Etwas überraschend ist Robert Haas als Trainer des SC Retz zurückgetreten. Dabei hatte Haas in Retz hervorragende Arbeit geleistet, lag in der abgebrochenen letzten Saison sogar an der Tabellenspitze. Doch nun will er sich auch anderen Dingen widmen.

Vor wenigen Wochen hatte Haas noch gegenüber dem Verein seinen Verbleib zugesagt. "Das hat er vor 25 Leuten getan. So etwas gilt für mich als Vertrag", so Retz-Sektionsleiter Werner Mischling, der aber nicht darauf behaart, Haas auch in der kommenden Meisterschaft auf der Linie stehen zu haben. "Er ist ein guter Trainer, Reisende soll man aber nicht aufhalten."

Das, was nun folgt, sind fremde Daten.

-- ===== src/Resp/Response.antt =====
-- Resp.antt: the scan for the end of a reply: it makes progress, its fuel is enough, and it is stable
-- under more input.
use ultra_net.Prelude.{
  ℕ, zero, suc, ◌+◌, ◌≤◌, ◌<◌, ◌≡◌, refl, [], ◌∷◌, ◌++◌, arith, ◌==◌, length, length-append, Bytes,
  drop-append, inl, inr, length-drop, Bool-cases,
}
use ultra_net.Resp.{
  Scan, ready, returns, crlf, number_line, line_end, bulk_end, sign, elements_end, array_end,
  response_end, detect_response,
}
use ultra_net.Prelude.Decimal.{read_digits}
use ultra_net.Resp.Lines.{number_line-length, number_line-append}
use ultra_net.Resp.Rounds.{Scan-cases}

sign-length : (s : Bytes) → length (sign s).1 ≤ length s
sign-length [] = omega arith
sign-length (c ∷ s) = ground arith

sign-append :
    (s t : Bytes) {n : ℕ} {r : Bytes}
    → number_line (sign s).1 ≡ ready (n, r)
    → ((sign (s ++ t)).0 ≡ (sign s).0) × (number_line (sign (s ++ t)).1 ≡ ready (n, r ++ t))
sign-append [] t h = absurd (unfold number_line read_digits crlf in cc)
sign-append (c ∷ s) t {n} {r} h = elim (Bool-cases (c == b'-')) [
  | inl e ↦ ground (arith, number_line-append s t {n = n} {r = r})
  | inr e ↦ ground (arith, number_line-append (c ∷ s) t {n = n} {r = r})
]

line_end-length : (s : Bytes) {r : Bytes} → line_end s ≡ ready r → length r < length s
unfolding line_end
line_end-length [] h = cc
line_end-length (c ∷ []) h = cc
line_end-length (c ∷ d ∷ s) {r} h = ground (arith, line_end-length (d ∷ s) {r = r})

line_end-append :
    (s t : Bytes) {r : Bytes} → line_end s ≡ ready r → line_end (s ++ t) ≡ ready (r ++ t)
unfolding line_end
line_end-append [] t h = cc
line_end-append (c ∷ []) t h = cc
line_end-append (c ∷ d ∷ s) t {r} h = ground (arith, line_end-append (d ∷ s) t {r = r})

bulk_end-length : (s : Bytes) {r : Bytes} → bulk_end s ≡ ready r → length r < length s
unfolding bulk_end
bulk_end-length s {r} h = elim (Scan-cases (number_line (sign s).1)) [
  | inl ((n, q), e) ↦
      ground (arith, number_line-length (sign s).1 e, sign-length s, length-drop (n + 2) q)
  | inr (inl e) ↦ absurd (ground arith)
  | inr (inr e) ↦ absurd (ground arith)
]

bulk_end-append :
    (s t : Bytes) {r : Bytes} → bulk_end s ≡ ready r → bulk_end (s ++ t) ≡ ready (r ++ t)
unfolding bulk_end
bulk_end-append s t {r} h = elim (Scan-cases (number_line (sign s).1)) [
  | inl ((n, q), e) ↦ ground (arith, sign-append s t e, drop-append (n + 2) q t, length-append q t)
  | inr (inl e) ↦ absurd (ground arith)
  | inr (inr e) ↦ absurd (ground arith)
]

elements_end-length :
    (one : Bytes → Scan Bytes)
    → ((s r : Bytes) → one s ≡ ready r → length r < length s)
    → (n : ℕ) (s : Bytes) {r : Bytes} → elements_end one n s ≡ ready r
    → length r ≤ length s
unfolding elements_end
elements_end-length one shrinks zero s h = ground arith
elements_end-length one shrinks (suc n) s {r} h = elim (Scan-cases (one s)) [
  | inl (q, e) ↦
      omega (arith, shrinks s q e, elements_end-length one shrinks n q {r = r} (ground arith))
  | inr (inl e) ↦ absurd (ground arith)
  | inr (inr e) ↦ absurd (ground arith)
]

array_end-length :
    (one : Bytes → Scan Bytes)
    → ((s r : Bytes) → one s ≡ ready r → length r < length s)
    → (s : Bytes) {r : Bytes} → array_end one s ≡ ready r
    → length r < length s
unfolding array_end
array_end-length one shrinks s {r} h = elim (Scan-cases (number_line (sign s).1)) [
  | inl ((n, q), e) ↦ ground (
    arith,
    number_line-length (sign s).1 e,
    sign-length s,
    elements_end-length one shrinks n q {r = r},
  )
  | inr (inl e) ↦ absurd (ground arith)
  | inr (inr e) ↦ absurd (ground arith)
]

-- A reply that was found has at least one byte.
pub response_end-length : (f : ℕ) (s r : Bytes) → response_end f s ≡ ready r → length r < length s
unfolding response_end
response_end-length zero s r h = cc
response_end-length (suc f) [] r h = cc
response_end-length (suc f) (c ∷ s) r h = ground (
  arith,
  line_end-length s {r = r},
  bulk_end-length s {r = r},
  array_end-length (response_end f) (response_end-length f) s {r = r},
)

elements_end-append :
    (one two : Bytes → Scan Bytes) (t : Bytes)
    → ((s r : Bytes) → one s ≡ ready r → two (s ++ t) ≡ ready (r ++ t))
    → (n : ℕ) (s : Bytes) {r : Bytes} → elements_end one n s ≡ ready r
    → elements_end two n (s ++ t) ≡ ready (r ++ t)
unfolding elements_end
elements_end-append one two t stable zero s h = ground arith
elements_end-append one two t stable (suc n) s {r} h = elim (Scan-cases (one s)) [
  | inl (q, e) ↦ ground (arith, stable s q e, elements_end-append one two t stable n q {r = r})
  | inr (inl e) ↦ absurd (ground arith)
  | inr (inr e) ↦ absurd (ground arith)
]

array_end-append :
    (one two : Bytes → Scan Bytes) (t : Bytes)
    → ((s r : Bytes) → one s ≡ ready r → two (s ++ t) ≡ ready (r ++ t))
    → (s : Bytes) {r : Bytes} → array_end one s ≡ ready r
    → array_end two (s ++ t) ≡ ready (r ++ t)
unfolding array_end
array_end-append one two t stable s {r} h = elim (Scan-cases (number_line (sign s).1)) [
  | inl ((n, q), e) ↦
      ground (arith, sign-append s t e, elements_end-append one two t stable n q {r = r})
  | inr (inl e) ↦ absurd (ground arith)
  | inr (inr e) ↦ absurd (ground arith)
]

-- A reply that was found is found with more fuel and with more bytes behind it.
response_end-append :
    (f g : ℕ) (t s r : Bytes)
    → f ≤ g
    → response_end f s ≡ ready r
    → response_end g (s ++ t) ≡ ready (r ++ t)
unfolding response_end
response_end-append zero g t s r le h = cc
response_end-append (suc f) zero t s r le h = absurd (omega arith)
response_end-append (suc f) (suc g) t [] r le h = cc
response_end-append (suc f) (suc g) t (c ∷ s) r le h = ground (
  arith,
  line_end-append s t {r = r},
  bulk_end-append s t {r = r},
  array_end-append (response_end f) (response_end g) t
      (λ s r. response_end-append f g t s r (omega arith)) s {r = r},
)

elements_end-congr :
    (one two : Bytes → Scan Bytes) (f : ℕ)
    → ((s r : Bytes) → one s ≡ ready r → length r < length s)
    → ((s : Bytes) → length s < f → one s ≡ two s)
    → (n : ℕ) (s : Bytes) → length s < f
    → elements_end one n s ≡ elements_end two n s
unfolding elements_end
elements_end-congr one two f shrinks same zero s h = refl
elements_end-congr one two f shrinks same (suc n) s h = elim (Scan-cases (one s)) [
  | inl (q, e) ↦ ground (
    arith,
    same s h,
    elements_end-congr one two f shrinks same n q (omega (arith, shrinks s q e)),
  )
  | inr (inl e) ↦ ground (arith, same s h)
  | inr (inr e) ↦ ground (arith, same s h)
]

array_end-congr :
    (one two : Bytes → Scan Bytes) (f : ℕ)
    → ((s r : Bytes) → one s ≡ ready r → length r < length s)
    → ((s : Bytes) → length s < f → one s ≡ two s)
    → (s : Bytes) → length s ≤ f
    → array_end one s ≡ array_end two s
unfolding array_end
array_end-congr one two f shrinks same s h = elim (Scan-cases (number_line (sign s).1)) [
  | inl ((n, q), e) ↦ ground (
    arith,
    elements_end-congr one two f shrinks same n q
        (omega (arith, number_line-length (sign s).1 e, sign-length s)),
  )
  | inr (inl e) ↦ ground arith
  | inr (inr e) ↦ ground arith
]

-- Any two fuels beyond the length of the buffer give the same result, which is thus that of the
-- recursion in the source.
pub response_end_fuel :
    (f g : ℕ) (s : Bytes) → length s < f → length s < g → response_end f s ≡ response_end g s
unfolding response_end
response_end_fuel zero g s hf hg = absurd (omega arith)
response_end_fuel (suc f) zero s hf hg = absurd (omega arith)
response_end_fuel (suc f) (suc g) [] hf hg = refl
response_end_fuel (suc f) (suc g) (c ∷ s) hf hg =
    let same =
      array_end-congr (response_end f) (response_end g) (length s) (response_end-length f)
        (λ r h. response_end_fuel f g r (omega arith) (omega arith)) s (omega arith) in
    ground (arith, same)

-- A reply that was found is found again, at the same length, when more bytes stand behind it, and
-- lies within the buffer.
pub detect_response-append :
    (s t : Bytes) {n : ℕ}
    → detect_response s ≡ returns n
    → 0 < n
    → (detect_response (s ++ t) ≡ returns n) × (n ≤ length s)
unfolding detect_response
detect_response-append s t {n} h pos = elim (Scan-cases (response_end (suc (length s)) s)) [
  | inl (r, e) ↦ ground (
    arith,
    response_end-length (suc (length s)) s r e,
    response_end-append (suc (length s)) (suc (length (s ++ t))) t s r
        (omega (arith, length-append s t)) e,
    length-append s t,
    length-append r t,
  )
  | inr (inl e) ↦ absurd (ground arith)
  | inr (inr e) ↦ absurd (ground arith)
]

"Keine Chance auf den Titel"

Haas gibt als Grund für den Rücktritt die Perspektivlosigkeit an. "Mir hatte der Verein zugesagt, dass die Mannschaft in der kommenden Saison um den Titel mitspielen kann. Doch das sehe ich nach den ganzen Abgängen nicht so." Mit Anderle, Zondra, Weissensteiner, Kindl und Weinwurm verließen fünf Stammspieler den Verein. "Sie hatten alle gute Gründe. Doch ich glaube nicht, dass wir sie ersetzen können", so Haas, der in der Corona-bedingten Pause auch auf einen anderen Geschmack kam. "Ich habe gesehen, was ich in der Zeit, in der ich normalerweise auf dem Fußballplatz stehe, alles machen kann. Es gibt nicht nur Fußball im Leben." Dennoch ist Haas aber nicht abgeneigt, sich einem anderen Verein mit voller Leidenschaft zu widmen.